Supplied records:
_ _ _ _ _ _ _

-- ===== src/Fdt/Calls.antt =====
-- crates/k0-boot/src/fdt.rs: what a call of the builder means to the parser, and the bytes that it writes.
pub mod Steps
pub mod Loop
use k.Base.{
  length, ℕ, zero, suc, ◌+◌, ◌-◌, ◌*◌, ◌/◌, ◌%◌, ◌^◌, ◌≤◌, ◌<◌, ◌≡◌, refl, sym, ap, ◌∙◌, subst,
  arith, Bool, true, false, not, ◌&&◌, ltb, leb, ◌==◌, if◌then◌else◌, List, [], ◌∷◌, ◌++◌, Option,
  none, some, length-append,
}
use mathlib.Core.List.{append_assoc, append-nil}
use k.Base.Bytes.{to_be}
use k.Fdt.{max_depth, Outcome, ok, err, panic, unfinished, ◌>>=◌, refuse, too_deep, bad_structure}
use k.Fdt.Tree.{
  Layout, Walk, add_one, enter, end_node, use_prop, begin_token, end_node_token, prop_token,
  nop_token,
}
use k.Fdt.Builder.{
  Builder, raw, token, pad, padding, zeros, begin, end, nop, string_offset, prop_at, prop,
}
use k.Fdt.Board.{Call, begin_call, end_call, nop_call, prop_call, perform, perform_all}
use k.Fdt.At.{NoZero, length-to_be}
use k.Fdt.Names.{IsClosed, Extends, Extends-refl, HoldsName, string_offset-Named, Named, SameHeader}

-- The tree as the parser sees it, with no bytes: what each call does to the variables of the walk.
unfoldable pub run_call : Call → Walk → Outcome Walk
run_call (begin_call name) w = do
  depth ← add_one w.depth
  deep ← refuse (ltb max_depth depth) too_deep
  root ← refuse (depth == 1 && not (length name == 0)) bad_structure
  ok (enter depth name w)
run_call end_call w = end_node w
run_call nop_call w = ok w
run_call (prop_call name value) w = do
  outside ← refuse (w.depth == 0) bad_structure
  use_prop name value w

unfoldable pub run_calls : List Call → Walk → Outcome Walk
run_calls [] w = ok w
run_calls (c ∷ cs) w = run_call c w >>= run_calls cs

-- Names are texts, with no byte 0.
abbrev pub IsCall : Call → Type 0
IsCall (begin_call name) = NoZero name
IsCall end_call = Unit
IsCall nop_call = Unit
IsCall (prop_call name value) = NoZero name

-- The bytes of a call, for a property whose name is at `name_off`.
unfoldable pub bytes_of : (name_off : ℕ) → Call → List ℕ
bytes_of n (begin_call name) =
    to_be 4 begin_token ++ ((name ++ (0 ∷ [])) ++ padding (length name + 1))
bytes_of n end_call = to_be 4 end_node_token
bytes_of n nop_call = to_be 4 nop_token
bytes_of n (prop_call name value) =
    to_be 4 prop_token
    ++ (to_be 4 (length value) ++ (to_be 4 n ++ (value ++ padding (length value))))

abbrev pub name_at : Call → Builder → ℕ
name_at (begin_call name) b = 0
name_at end_call b = 0
name_at nop_call b = 0
name_at (prop_call name value) b = (string_offset name b).1

abbrev pub HoldsCall : (strings : List ℕ) → (name_off : ℕ) → Call → Type 0
HoldsCall strings n (begin_call name) = Unit
HoldsCall strings n end_call = Unit
HoldsCall strings n nop_call = Unit
HoldsCall strings n (prop_call name value) = HoldsName strings n name

pub length-zeros : (n : ℕ) → length (zeros n) ≡ n
unfolding zeros
length-zeros zero = refl
length-zeros (suc n) = omega (arith, length-zeros n)

pub length-bytes_of : (n : ℕ) (c : Call) → length (bytes_of n c) % 4 ≡ 0
unfolding bytes_of
length-bytes_of n (begin_call name) = omega (
  arith,
  length-append (to_be 4 begin_token) ((name ++ (0 ∷ [])) ++ padding (length name + 1)),
  length-to_be 4 begin_token,
  length-append (name ++ (0 ∷ [])) (padding (length name + 1)),
  length-append name (0 ∷ []),
  length-zeros ((4 - (length name + 1) % 4) % 4),
)
length-bytes_of n end_call = omega (arith, length-to_be 4 end_node_token)
length-bytes_of n nop_call = omega (arith, length-to_be 4 nop_token)
length-bytes_of n (prop_call name value) = omega (
  arith,
  length-append (to_be 4 prop_token)
      (to_be 4 (length value) ++ (to_be 4 n ++ (value ++ padding (length value)))),
  length-to_be 4 prop_token,
  length-append (to_be 4 (length value)) (to_be 4 n ++ (value ++ padding (length value))),
  length-to_be 4 (length value),
  length-append (to_be 4 n) (value ++ padding (length value)),
  length-to_be 4 n,
  length-append value (padding (length value)),
  length-zeros ((4 - length value % 4) % 4),
)

-- The builder between two calls.
pub record IsBetween (b : Builder) : Type 0 where
  pub whole : length b.structure % 4 ≡ 0
  pub closed : IsClosed b.strings

-- What a call does to the builder.
pub record Performed (b : Builder) (c : Call) (b' : Builder) : Type 0 where
  pub structure : b'.structure ≡ b.structure ++ bytes_of (name_at c b) c
  pub between : IsBetween b'
  pub strings : Extends b.strings b'.strings
  pub named : HoldsCall b'.strings (name_at c b) c
  pub header : SameHeader b b'

padding-mod : (m n : ℕ) → m % 4 ≡ n % 4 → padding m ≡ padding n
padding-mod m n h = ap (λ t. zeros ((4 - t) % 4)) h

whole-of :
    (old new : List ℕ) (n : ℕ) (c : Call)
    → length old % 4 ≡ 0
    → new ≡ old ++ bytes_of n c
    → length new % 4 ≡ 0
whole-of old new n c h e =
    omega (arith, h, ap length e, length-append old (bytes_of n c), length-bytes_of n c)

begin-structure :
    (name : List ℕ) (b : Builder)
    → length b.structure % 4 ≡ 0
    → (begin name b).structure ≡ b.structure ++ bytes_of 0 (begin_call name)
unfolding begin raw token pad bytes_of
begin-structure name b h =
    rw
      (padding-mod (length ((b.structure ++ to_be 4 begin_token) ++ (name ++ (0 ∷ []))))
        (length name + 1) same)
      (simp append_assoc)
  where
    same :
        length ((b.structure ++ to_be 4 begin_token) ++ (name ++ (0 ∷ []))) % 4
        ≡ (length name + 1) % 4
    same = omega (
      arith,
      h,
      length-append (b.structure ++ to_be 4 begin_token) (name ++ (0 ∷ [])),
      length-append b.structure (to_be 4 begin_token),
      length-to_be 4 begin_token,
      length-append name (0 ∷ []),
    )

prop_at-structure :
    (n : ℕ) (name value : List ℕ) (b : Builder)
    → length b.structure % 4 ≡ 0
    → (prop_at n value b).structure ≡ b.structure ++ bytes_of n (prop_call name value)
unfolding prop_at raw token pad bytes_of
prop_at-structure n name value b h =
    rw
      (padding-mod
        (length
          ((((b.structure ++ to_be 4 prop_token) ++ to_be 4 (length value)) ++ to_be 4 n) ++ value))
        (length value) same)
      (simp append_assoc)
  where
    same :
        length (
            (((b.structure ++ to_be 4 prop_token) ++ to_be 4 (length value)) ++ to_be 4 n) ++ value)
          % 4
        ≡ length value % 4
    same = omega (
      arith,
      h,
      length-append (((b.structure ++ to_be 4 prop_token) ++ to_be 4 (length value)) ++ to_be 4 n)
          value,
      length-append ((b.structure ++ to_be 4 prop_token) ++ to_be 4 (length value)) (to_be 4 n),
      length-append (b.structure ++ to_be 4 prop_token) (to_be 4 (length value)),
      length-append b.structure (to_be 4 prop_token),
      length-to_be 4 prop_token,
      length-to_be 4 n,
      length-to_be 4 (length value),
    )

-- A call that puts no name into the strings.
unnamed-Performed :
    (c : Call) (b b' : Builder)
    → IsBetween b
    → b'.structure ≡ b.structure ++ bytes_of (name_at c b) c
    → b'.strings ≡ b.strings
    → SameHeader b b'
    → HoldsCall b'.strings (name_at c b) c
    → Performed b c b'
unnamed-Performed c b b' h e s r n = record {
  structure = e;
  between = record {
    whole = whole-of b.structure b'.structure (name_at c b) c h.whole e;
    closed = rw s h.closed;
  };
  strings = rw s (Extends-refl b.strings);
  named = n;
  header = r;
}

prop-Performed :
    (name value : List ℕ) (b : Builder) (r : Builder × ℕ)
    → IsBetween b
    → r ≡ string_offset name b
    → Named b name r
    → Performed b (prop_call name value) (prop_at r.1 value r.0)
unfolding prop_at raw token pad
prop-Performed name value b (b', off) h same (structure, header, closed, extends, holds) =
    let e : (prop_at off value b').structure ≡ b.structure ++ bytes_of off (prop_call name value) =
      prop_at-structure off name value b' (omega (arith, h.whole, ap length structure))
      ∙ ap (λ t. t ++ bytes_of off (prop_call name value)) structure in
    let at : off ≡ (string_offset name b).1 = ap (λ t. t.1) same in
    record {
      structure = e ∙ ap (λ t. b.structure ++ bytes_of t (prop_call name value)) at;
      between = record {
        whole = whole-of b.structure _ off (prop_call name value) h.whole e;
        closed = closed;
      };
      strings = extends;
      named = subst (λ t. HoldsName b'.strings t name) at holds;
      header = header;
    }

pub perform-Performed : (c : Call) (b : Builder) → IsBetween b → Performed b c (perform c b)
unfolding perform begin end nop raw token pad bytes_of prop
perform-Performed (begin_call name) b h =
    unnamed-Performed (begin_call name) b (begin name b) h (begin-structure name b h.whole) refl
      (refl, refl, refl, refl) tt
perform-Performed end_call b h =
    unnamed-Performed end_call b (end b) h refl refl (refl, refl, refl, refl) tt
perform-Performed nop_call b h =
    unnamed-Performed nop_call b (nop b) h refl refl (refl, refl, refl, refl) tt
perform-Performed (prop_call name value) b h =
    prop-Performed name value b (string_offset name b) h refl (string_offset-Named name b h.closed)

_ _ _ _ _ _ _

Work instructions:
Would you reproduce, word for word, the lines from the one holding "unnamed-Performed (begin_call name)" through the final line of the entries, both included?

Exercise answer:
    unnamed-Performed (begin_call name) b (begin name b) h (begin-structure name b h.whole) refl
      (refl, refl, refl, refl) tt
perform-Performed end_call b h =
    unnamed-Performed end_call b (end b) h refl refl (refl, refl, refl, refl) tt
perform-Performed nop_call b h =
    unnamed-Performed nop_call b (nop b) h refl refl (refl, refl, refl, refl) tt
perform-Performed (prop_call name value) b h =
    prop-Performed name value b (string_offset name b) h refl (string_offset-Named name b h.closed)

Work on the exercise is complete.